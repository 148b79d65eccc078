-- ===== src/CLib/Printer/Format.antt =====
-- pset3/lib.cc: printer::vprintf. It reads the format and its strings in memory, takes its arguments
-- as 64-bit words, of which `va_arg` reads the low bits of its type, and hands characters to `putc`
-- and colors to `color_`. A loop takes fuel; a missing argument is `none` too.
pub mod Plain
pub mod Readers
pub mod Ends
use cs61_f26_psets.Common.{
  ℕ, zero, suc, ◌+◌, ◌-◌, ◌*◌, ◌/◌, ◌%◌, ◌^◌, Bool, true, false, not, ◌&&◌, ◌||◌, Option, none,
  some, List, [], ◌∷◌, ◌++◌, ltb, leb, ◌==◌, if◌then◌else◌, ◌>>=◌, codes, length, take, replicate,
}
use mathlib.Core.List.{map}
use cs61_f26_psets.Common.Int.{ℤ, pos, negsuc}
use cs61_f26_psets.Common.Memory.{Memory, bytes_at}
use cs61_f26_psets.CLib.Numbers.{signed64, negate}
use cs61_f26_psets.CLib.Strings.{strlen, strnlen}
use cs61_f26_psets.CLib.Printer.{print_number}

-- What the printer is told: `putc(c)`, or `color_ = c`.
pub data Event : Type 0 where
  put : ℕ → Event
  set_color : ℕ → Event

-- The flags of a directive, in the order of `flag_chars`: # 0 - space + '
pub record Flags : Type 0 where
  pub alt : Bool
  pub zero_fill : Bool
  pub left_justify : Bool
  pub space_positive : Bool
  pub plus_positive : Bool
  pub thousands : Bool

abbrev pub no_flags : Flags
no_flags = record {
  alt = false;
  zero_fill = false;
  left_justify = false;
  space_positive = false;
  plus_positive = false;
  thousands = false;
}

-- `flags |= 1 << (flagc - flag_chars)` for a character of `flag_chars`
unfoldable pub flag_of : ℕ → Flags → Option Flags
flag_of c f =
    if c == b'#'
    then some (record f { alt = true })
    else if c == b'0'
    then some (record f { zero_fill = true })
    else if c == b'-'
    then some (record f { left_justify = true })
    else if c == b' '
    then some (record f { space_positive = true })
    else if c == b'+'
    then some (record f { plus_positive = true })
    else if c == b'\''
    then some (record f { thousands = true })
    else none

-- The loop over the flags: no flag is NUL.
unfoldable pub read_flags : ℕ → Memory → ℕ → Flags → Option (ℕ × Flags)
read_flags zero m format f = none
read_flags (suc fuel) m format f = elim (flag_of (m format) f) [
  | none ↦ some (format, f)
  | some f' ↦ read_flags fuel m (format + 1) f'
]

-- `INT_MAX`
abbrev pub int_max : ℕ
int_max = 2 ^ 31 - 1

-- The loop over the digits of a width or a precision, ints whose overflow is undefined: `none`.
unfoldable pub read_number : ℕ → Memory → ℕ → ℕ → Option (ℕ × ℕ)
read_number zero m format n = none
read_number (suc fuel) m format n = elim (leb b'0' (m format) && leb (m format) b'9') [
  | true ↦ elim (ltb int_max (10 * n + m format)) [
    | true ↦ none
    | false ↦ read_number fuel m (format + 1) (10 * n + m format - b'0')
  ]
  | false ↦ some (format, n)
]

-- `va_arg(val, unsigned long)` and the arguments behind it
abbrev pub next_arg : List ℕ → Option (ℕ × List ℕ)
next_arg [] = none
next_arg (a ∷ args) = some (a % 2 ^ 64, args)

-- `int` and `long` values of a word
abbrev pub int_of : ℕ → ℤ
int_of w = if ltb (w % 2 ^ 32) (2 ^ 31) then pos (w % 2 ^ 32) else negsuc (2 ^ 32 - w % 2 ^ 32 - 1)

-- The width, -1 if there is none, the format behind it and the arguments that are left.
unfoldable pub read_width : ℕ → Memory → ℕ → List ℕ → Option (ℤ × ℕ × List ℕ)
read_width fuel m format args =
    if leb b'1' (m format) && leb (m format) b'9'
    then (do (format', n) ← read_number fuel m format 0; some (pos n, format', args))
    else if m format == b'*'
    then (do (a, args') ← next_arg args; some (int_of a, format + 1, args'))
    else some (negsuc 0, format, args)

-- A precision below 0 counts as 0.
abbrev pub at_least_zero : ℤ → ℕ
at_least_zero (pos n) = n
at_least_zero (negsuc n) = 0

-- The precision, `none` for -1.
unfoldable pub read_precision : ℕ → Memory → ℕ → List ℕ → Option (Option ℕ × ℕ × List ℕ)
read_precision fuel m format args =
    if not (m format == b'.')
    then some (none, format, args)
    else if leb b'0' (m (format + 1)) && leb (m (format + 1)) b'9'
    then (do (format', n) ← read_number fuel m (format + 1) 0; some (some n, format', args))
    else if m (format + 1) == b'*'
    then (do (a, args') ← next_arg args; some (some (at_least_zero (int_of a)), format + 2, args'))
    else some (some 0, format + 1, args)

-- `length`, and the format behind it
unfoldable pub read_length : Memory → ℕ → Bool × ℕ
read_length m format =
    if m format == b'l' || (m format == b't' || m format == b'z')
    then (true, format + 1)
    else if m format == b'h'
    then (false, format + 1)
    else (false, format)

-- A conversion: a number with its sign and base, a string in memory or in `numbuf`, or a color. The
-- base is 10, or 16 with lower or upper case digits; `force_alt` is FLAG_ALT | FLAG_ALT2.
pub data Conversion : Type 0 where
  signed_number : Bool → ℕ → Conversion
  decimal_number : ℕ → Conversion
  hex_number : Bool → Bool → ℕ → Conversion
  text : List ℕ → Conversion
  string_at : ℕ → Conversion
  color : ℕ → Conversion

-- `numbuf` with one character
abbrev pub one_char : ℕ → List ℕ
one_char c = if c == 0 then [] else c ∷ []

abbrev pub magnitude : ℤ → Conversion
magnitude (pos n) = signed_number false n
magnitude (negsuc n) = signed_number true (n + 1)

abbrev pub unsigned_of : Bool → ℕ → ℕ
unsigned_of long a = if long then a else a % 2 ^ 32

-- The switch over the conversion character.
unfoldable pub convert : Bool → ℕ → List ℕ → Option (Conversion × List ℕ)
convert long c args =
    if c == b'd' || c == b'i'
    then (do
      (a, args') ← next_arg args
      some (magnitude (if long then signed64 a else int_of a), args'))
    else if c == b'u'
    then (do (a, args') ← next_arg args; some (decimal_number (unsigned_of long a), args'))
    else if c == b'x'
    then (do (a, args') ← next_arg args; some (hex_number false false (unsigned_of long a), args'))
    else if c == b'X'
    then (do (a, args') ← next_arg args; some (hex_number true false (unsigned_of long a), args'))
    else if c == b'p'
    then (do (a, args') ← next_arg args; some (hex_number false true a, args'))
    else if c == b's'
    then (do (a, args') ← next_arg args; some (string_at a, args'))
    else if c == b'C'
    then (do (a, args') ← next_arg args; some (color (a % 2 ^ 32), args'))
    else if c == b'c'
    then (do (a, args') ← next_arg args; some (text (one_char (a % 256)), args'))
    else some (text (one_char (if c == 0 then b'%' else c)), args)

-- The digits that `print_number` leaves in a `numbuf` of 32 bytes, up to its NUL.
unfoldable pub number_text : ℕ → Bool → Bool → ℕ → List ℕ
number_text base upper thousands n =
    let (m, at) = print_number (λ a. 0) 0 32 n base upper thousands in bytes_at m at (31 - at)

-- `data`, cut to `datalen`.
unfoldable pub data_of : ℕ → Memory → Flags → Option ℕ → Conversion → Option (List ℕ)
data_of fuel m f precision (signed_number negative n) = some (number_text 10 true f.thousands n)
data_of fuel m f precision (decimal_number n) = some (number_text 10 true f.thousands n)
data_of fuel m f precision (hex_number upper force n) = some (number_text 16 upper f.thousands n)
data_of fuel m f none (text bytes) = some bytes
data_of fuel m f (some n) (text bytes) = some (take n bytes)
data_of fuel m f none (string_at p) = do n ← strlen fuel m p; some (bytes_at m p n)
data_of fuel m f (some n) (string_at p) = some (bytes_at m p (strnlen m p n))
data_of fuel m f precision (color c) = some []

-- `flags & FLAG_NUMERIC`
abbrev pub numeric : Conversion → Bool
numeric (signed_number negative n) = true
numeric (decimal_number n) = true
numeric (hex_number upper force n) = true
numeric conversion = false

unfoldable pub prefix_of : Flags → Conversion → List ℕ
prefix_of f (signed_number true n) = codes "-"
prefix_of f (signed_number false n) =
    if f.plus_positive then codes "+" else if f.space_positive then codes " " else []
prefix_of f (hex_number upper force n) =
    if (f.alt || force) && (not (n == 0) || force) then codes (if upper then "0X" else "0x") else []
prefix_of f conversion = []

-- `unsigned long(n)` of an int
abbrev pub word_of : ℤ → ℕ
word_of (pos n) = n % 2 ^ 64
word_of (negsuc n) = (2 ^ 64 - (n + 1)) % 2 ^ 64

-- `width - n` where `n < width`, and else 0
abbrev pub short_of : ℤ → ℤ → ℕ
short_of (pos w) (pos n) = w - n
short_of (pos w) (negsuc n) = w + n + 1
short_of (negsuc w) (pos n) = 0
short_of (negsuc w) (negsuc n) = n - w

-- `zeros`, for a prefix and data of `n` characters together, of which `datalen` are data
unfoldable pub zeros_of : Flags → ℤ → Option ℕ → Bool → ℤ → ℤ → ℕ
zeros_of f width precision false n datalen = 0
zeros_of f width (some p) true n datalen = short_of (pos p) datalen
zeros_of f width none true n datalen =
    if f.zero_fill && not f.left_justify then short_of width n else 0

-- `width -= datalen + zeros + strlen(prefix)`, computed as an unsigned long and cut to an int: the
-- spaces that are printed.
unfoldable pub padding : ℤ → ℕ → ℕ
padding width n = at_least_zero (int_of (word_of width + 2 ^ 64 - n % 2 ^ 64))

-- What one conversion hands to `putc`. `datalen` is an int.
unfoldable pub layout : Flags → ℤ → Option ℕ → Bool → List ℕ → List ℕ → List ℕ
layout f width precision is_numeric prefix bytes =
    let datalen = int_of (length bytes) in
    let n = int_of (word_of datalen + length prefix) in
    let zeros = zeros_of f width precision is_numeric n datalen in
    let pad = replicate (padding width (word_of datalen + zeros + length prefix)) b' ' in
    let body = prefix ++ (replicate zeros b'0' ++ take (at_least_zero datalen) bytes) in
    if f.left_justify then body ++ pad else pad ++ body

unfoldable pub print_conversion :
    ℕ → Memory → Flags → ℤ → Option ℕ → Conversion → Option (List Event)
print_conversion fuel m f width precision (color c) = some (set_color c ∷ [])
print_conversion fuel m f width precision conversion = do
  bytes ← data_of fuel m f precision conversion
  some (map put (layout f width precision (numeric conversion) (prefix_of f conversion) bytes))

-- One directive, from the character behind its `%`: its events, the format behind it and the
-- arguments that are left. A `%` that ends the format leaves its NUL to the loop.
unfoldable pub directive : ℕ → Memory → ℕ → List ℕ → Option (List Event × ℕ × List ℕ)
directive fuel m format args = do
  (p, f) ← read_flags fuel m format no_flags
  (width, p₁, args₁) ← read_width fuel m p args
  (precision, p₂, args₂) ← read_precision fuel m p₁ args₁
  let (long, p₃) = read_length m p₂
  (conversion, args₃) ← convert long (m p₃) args₂
  es ← print_conversion fuel m f width precision conversion
  some (es, if m p₃ == 0 then p₃ else p₃ + 1, args₃)

-- `printer::vprintf`
unfoldable pub vprintf : ℕ → Memory → ℕ → List ℕ → Option (List Event)
vprintf zero m format args = none
vprintf (suc fuel) m format args = elim (m format == 0) [
  | true ↦ some []
  | false ↦ elim (m format == b'%') [
    | true ↦ (do
      (es, format', args') ← directive fuel m (format + 1) args
      rest ← vprintf fuel m format' args'
      some (es ++ rest))
    | false ↦ (do rest ← vprintf fuel m (format + 1) args; some (put (m format) ∷ rest))
  ]
]
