-- ===== src/CLib/Console.antt =====
-- pset3/lib.cc, lib.hh: console_printer, which draws on the 80 * 25 cells of the CGA console, scrolls
-- them, and reads the escape sequences of colors (ansi_escape_buffer). A cell is a 16-bit number; a
-- color is the bit pattern of an int.
pub mod Rows
pub mod Scroll
pub mod Draws
pub mod Bounds
pub mod Text
pub mod Escape
pub mod Formatted
mod Tests
use Prim.Native.Nat.{bit_and, bit_or}
use cs61_f26_psets.Common.{
  ℕ, zero, suc, ◌+◌, ◌-◌, ◌*◌, ◌/◌, ◌%◌, ◌^◌, Bool, true, false, not, ◌&&◌, ◌||◌, Option, none,
  some, List, [], ◌∷◌, ◌++◌, ltb, leb, ◌==◌, if◌then◌else◌, length, drop, ◌>>=◌, get_or,
}
use cs61_f26_psets.Common.Int.{ℤ, pos, negsuc}
use cs61_f26_psets.Common.Memory.{Memory, store}
use cs61_f26_psets.CLib.Ctype.{isdigit}
use cs61_f26_psets.CLib.Printer.Format.{Event, put, set_color, vprintf}

abbrev pub console_columns : ℕ
console_columns = 80

abbrev pub console_rows : ℕ
console_rows = 25

abbrev pub end_cpos : ℕ
end_cpos = console_rows * console_columns

abbrev pub color_gray : ℕ
color_gray = 0x0700

pub data ScrollMode : Type 0 where
  scroll_off scroll_on scroll_blank : ScrollMode

-- `console` and `cursorpos`, an int that applications write, too
pub record Screen : Type 0 where
  pub cells : ℕ → ℕ
  pub cursorpos : ℤ

-- `console_printer` with the globals that it writes. `cell` is `cell_ - console`, `blank_row` is
-- `scroll_blank_` (`none` for -1), and `escape` is what `ebuf_` has collected.
pub record ConsolePrinter : Type 0 where
  pub cells : ℕ → ℕ
  pub cursorpos : ℤ
  pub cell : ℕ
  pub scroll_mode : ScrollMode
  pub blank_row : Option ℕ
  pub color : ℕ
  pub escape : List ℕ

-- `console_clear`, without the call that shows the cursor
unfoldable pub clear_from : ℕ → (ℕ → ℕ) → ℕ → ℕ → ℕ → ℕ
clear_from zero cells i v = cells
clear_from (suc n) cells i v = clear_from n (store cells i v) (i + 1) v

unfoldable pub console_clear : Screen → Screen
console_clear screen = record {
  cells = clear_from end_cpos screen.cells 0 (bit_or b' ' 0x0700);
  cursorpos = pos 0;
}

-- Where `cell_` starts; `none` for a cursor outside the console, where it points outside the array.
abbrev pub first_cell : Screen → ℤ → Option ℕ
first_cell screen (pos n) = some (if leb n end_cpos then n else 0)
first_cell screen (negsuc n) = elim screen.cursorpos [
  | pos p ↦ if leb p end_cpos then some p else none
  | negsuc q ↦ none
]

abbrev pub printer_at : Screen → ScrollMode → ℕ → ConsolePrinter
printer_at screen mode cell = record {
  cells = screen.cells;
  cursorpos = screen.cursorpos;
  cell = cell;
  scroll_mode = mode;
  blank_row = none;
  color = color_gray;
  escape = [];
}

-- `console_printer(cpos, scroll_mode)`
unfoldable pub console_printer : Screen → ℤ → ScrollMode → Option ConsolePrinter
console_printer screen cpos mode = do
  cell ← first_cell screen cpos
  some (printer_at screen mode cell)

-- `console_line_is_blank`, for the cells that are left of the row
unfoldable pub cells_blank : (ℕ → ℕ) → ℕ → ℕ → Bool
cells_blank cells cpos zero = true
cells_blank cells cpos (suc n) = elim (bit_and (cells cpos) 0xF0DF == 0) [
  | true ↦ cells_blank cells (cpos + 1) n
  | false ↦ false
]

unfoldable pub console_line_is_blank : (ℕ → ℕ) → ℕ → Bool
console_line_is_blank cells row = cells_blank cells (row * console_columns) console_columns

-- `while (row > 0 && !console_line_is_blank(row - 1)) --row;`, and the same for blank lines
unfoldable pub skip_text_rows : (ℕ → ℕ) → ℕ → ℕ
skip_text_rows cells zero = 0
skip_text_rows cells (suc row) = elim (console_line_is_blank cells row) [
  | true ↦ suc row
  | false ↦ skip_text_rows cells row
]

unfoldable pub skip_blank_rows : (ℕ → ℕ) → ℕ → ℕ
skip_blank_rows cells zero = 0
skip_blank_rows cells (suc row) = elim (console_line_is_blank cells row) [
  | true ↦ skip_blank_rows cells row
  | false ↦ suc row
]

-- The new `scroll_blank_` of a scroll.
unfoldable pub choose_row : (ℕ → ℕ) → ScrollMode → Option ℕ → Option ℕ
choose_row cells scroll_blank none =
    some (skip_blank_rows cells (skip_text_rows cells (console_rows - 1)))
choose_row cells mode none = none
choose_row cells mode (some zero) = some 0
choose_row cells mode (some (suc row)) =
    some (if not (console_line_is_blank cells (suc row)) then 0 else suc row)

-- The first cell that moves.
abbrev pub first_moved : Option ℕ → ℕ
first_moved none = 0
first_moved (some row) = row * console_columns

-- `console[i] = console[i + CONSOLE_COLUMNS]` for `n` cells from `i` on
unfoldable pub move_rows : ℕ → (ℕ → ℕ) → ℕ → ℕ → ℕ
move_rows zero cells i = cells
move_rows (suc n) cells i = move_rows n (store cells i (cells (i + console_columns))) (i + 1)

-- `scroll`, whose assertion is the test of its only caller's loop
unfoldable pub scroll : ConsolePrinter → ConsolePrinter
scroll cp = elim cp.scroll_mode [
  | scroll_off ↦ record cp { cell = 0 }
  | _ ↦
      let row = choose_row cp.cells cp.scroll_mode cp.blank_row in
      let last = end_cpos - console_columns in
      let moved = move_rows (last - first_moved row) cp.cells (first_moved row) in
      record cp {
        cells = clear_from console_columns moved last 0;
        cell = cp.cell - console_columns;
        blank_row = row;
      }
]

-- `while (cell_ >= console + END_CPOS) scroll();` in `fuel` rounds
unfoldable pub make_room : ℕ → ConsolePrinter → ConsolePrinter
make_room zero cp = cp
make_room (suc fuel) cp = elim (leb end_cpos cp.cell) [
  | true ↦ make_room fuel (scroll cp)
  | false ↦ cp
]

-- `*cell_++ = v`
unfoldable pub draw_cell : ConsolePrinter → ℕ → ConsolePrinter
draw_cell cp v = record cp { cells = store cp.cells cp.cell (v % 2 ^ 16); cell = cp.cell + 1 }

-- `n` cells of a newline
unfoldable pub draw_spaces : ℕ → ConsolePrinter → ConsolePrinter
draw_spaces zero cp = cp
draw_spaces (suc n) cp = draw_spaces n (draw_cell cp (bit_or b' ' cp.color))

-- `console_printer::putc` for a character that `ebuf_` does not take. Each scroll takes cells off
-- `cell`, so that `cell` rounds are enough.
unfoldable pub draw_char : ConsolePrinter → ℕ → ConsolePrinter
draw_char cp c =
    let cp' = make_room (suc cp.cell) cp in
    if c == b'\n'
    then draw_spaces (console_columns - cp'.cell % console_columns) cp'
    else draw_cell cp' (bit_or c cp'.color)

unfoldable pub draw_all : ConsolePrinter → List ℕ → ConsolePrinter
draw_all cp [] = cp
draw_all cp (c ∷ cs) = draw_all (draw_char cp c) cs

-- `ansi_escape_buffer::flush`: while it runs, `len_` is -1, and the characters are drawn.
unfoldable pub flush : ConsolePrinter → ConsolePrinter
flush cp = record (draw_all cp cp.escape) { escape = [] }

-- `colormap`
abbrev pub colormap : ℕ → ℕ
colormap i = get_or (0 ∷ 4 ∷ 2 ∷ 6 ∷ 1 ∷ 5 ∷ 3 ∷ 7 ∷ []) i 0

-- One parameter of a color sequence.
unfoldable pub color_after : ℕ → ℕ → ℕ
color_after x color =
    if x == 0
    then color_gray
    else if x == 1
    then bit_or color 0x0800
    else if x == 2
    then bit_and color (2 ^ 32 - 1 - 0x0800)
    else if x == 7
    then bit_and (bit_or (color / 2 ^ 4) (color * 2 ^ 4)) 0xFF00
    else if leb 30 x && leb x 37
    then bit_or (bit_and color 0xF000) (colormap (x - 30) * 2 ^ 8)
    else if leb 40 x && leb x 47
    then bit_or (bit_and color 0x0F00) (colormap (x - 40) * 2 ^ 12)
    else if leb 90 x && leb x 97
    then bit_or (bit_or (bit_and color 0xF000) (colormap (x - 90) * 2 ^ 8)) 0x0800
    else if leb 100 x && leb x 107
    then bit_or (bit_or (bit_and color 0x0F00) (colormap (x - 100) * 2 ^ 12)) 0x8000
    else color

-- The loop over a whole sequence.
unfoldable pub read_colors : List ℕ → ℕ → ℕ → ℕ
read_colors [] x color = color
read_colors (c ∷ cs) x color =
    if isdigit c
    then read_colors cs (x * 10 + c - b'0') color
    else read_colors cs 0 (color_after x color)

-- The test for a prefix of `ESC [ ... m`, with `n` characters of which `c` is the last.
abbrev pub collects : ℕ → ℕ → Bool
collects n c =
    n == 1 || ((n == 2 && c == b'[') || (ltb 2 n && (ltb n 12 && (isdigit c || c == b';'))))

-- `ansi_escape_buffer::putc_impl`
unfoldable pub escape_char : ConsolePrinter → ℕ → ConsolePrinter
escape_char cp c =
    let collected = cp.escape ++ c ∷ [] in
    if collects (length collected) c
    then record cp { escape = collected }
    else if not (c == b'm')
    then flush (record cp { escape = collected })
    else record cp { color = read_colors (drop 2 collected) 0 color_gray; escape = [] }

-- `console_printer::putc`
unfoldable pub putc : ConsolePrinter → ℕ → ConsolePrinter
putc cp c = if length cp.escape == 0 && not (c == 27) then draw_char cp c else escape_char cp c

-- `move_cursor`
unfoldable pub move_cursor : ConsolePrinter → ConsolePrinter
move_cursor cp = let cp' = flush cp in record cp' { cursorpos = pos cp'.cell }

unfoldable pub put_all : ConsolePrinter → List ℕ → ConsolePrinter
put_all cp [] = cp
put_all cp (c ∷ cs) = put_all (putc cp c) cs

-- The screen that a printer leaves and the position that it returns, with the cursor moved if the
-- printing began there.
abbrev pub finish_print : ℤ → ConsolePrinter → Screen × ℕ
finish_print cpos cp =
    let cp' : ConsolePrinter = (elim cpos [ negsuc n ↦ move_cursor cp | pos n ↦ cp ]) in
    (record { cells = cp'.cells; cursorpos = cp'.cursorpos }, cp'.cell)

abbrev pub mode_of : ℤ → ScrollMode
mode_of (negsuc n) = scroll_on
mode_of (pos n) = scroll_off

-- `console_puts`
unfoldable pub console_puts : Screen → ℤ → ℕ → List ℕ → Option (Screen × ℕ)
console_puts screen cpos color bytes = do
  cp ← console_printer screen cpos (mode_of cpos)
  some (finish_print cpos (put_all (record cp { color = color }) bytes))

-- `vprintf` into a console_printer
unfoldable pub print_events : ConsolePrinter → List Event → ConsolePrinter
print_events cp [] = cp
print_events cp (put c ∷ es) = print_events (putc cp c) es
print_events cp (set_color color ∷ es) = print_events (record cp { color = color }) es

-- `console_vprintf`
unfoldable pub console_vprintf : ℕ → Memory → Screen → ℤ → ℕ → List ℕ → Option (Screen × ℕ)
console_vprintf fuel m screen cpos format args = do
  cp ← console_printer screen cpos (mode_of cpos)
  es ← vprintf fuel m format args
  some (finish_print cpos (print_events cp es))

*Work order:* All lines from the top of the data through the line containing "space_positive = false;" need to be retyped exactly, and nothing more.

*Output of the task:*
repository 148b79d65eccc078
-- ===== src/CLib/Printer/Format.antt =====
-- pset3/lib.cc: printer::vprintf. It reads the format and its strings in memory, takes its arguments
-- as 64-bit words, of which `va_arg` reads the low bits of its type, and hands characters to `putc`
-- and colors to `color_`. A loop takes fuel; a missing argument is `none` too.
pub mod Plain
pub mod Readers
pub mod Ends
use cs61_f26_psets.Common.{
  ℕ, zero, suc, ◌+◌, ◌-◌, ◌*◌, ◌/◌, ◌%◌, ◌^◌, Bool, true, false, not, ◌&&◌, ◌||◌, Option, none,
  some, List, [], ◌∷◌, ◌++◌, ltb, leb, ◌==◌, if◌then◌else◌, ◌>>=◌, codes, length, take, replicate,
}
use mathlib.Core.List.{map}
use cs61_f26_psets.Common.Int.{ℤ, pos, negsuc}
use cs61_f26_psets.Common.Memory.{Memory, bytes_at}
use cs61_f26_psets.CLib.Numbers.{signed64, negate}
use cs61_f26_psets.CLib.Strings.{strlen, strnlen}
use cs61_f26_psets.CLib.Printer.{print_number}

-- What the printer is told: `putc(c)`, or `color_ = c`.
pub data Event : Type 0 where
  put : ℕ → Event
  set_color : ℕ → Event

-- The flags of a directive, in the order of `flag_chars`: # 0 - space + '
pub record Flags : Type 0 where
  pub alt : Bool
  pub zero_fill : Bool
  pub left_justify : Bool
  pub space_positive : Bool
  pub plus_positive : Bool
  pub thousands : Bool

abbrev pub no_flags : Flags
no_flags = record {
  alt = false;
  zero_fill = false;
  left_justify = false;
  space_positive = false;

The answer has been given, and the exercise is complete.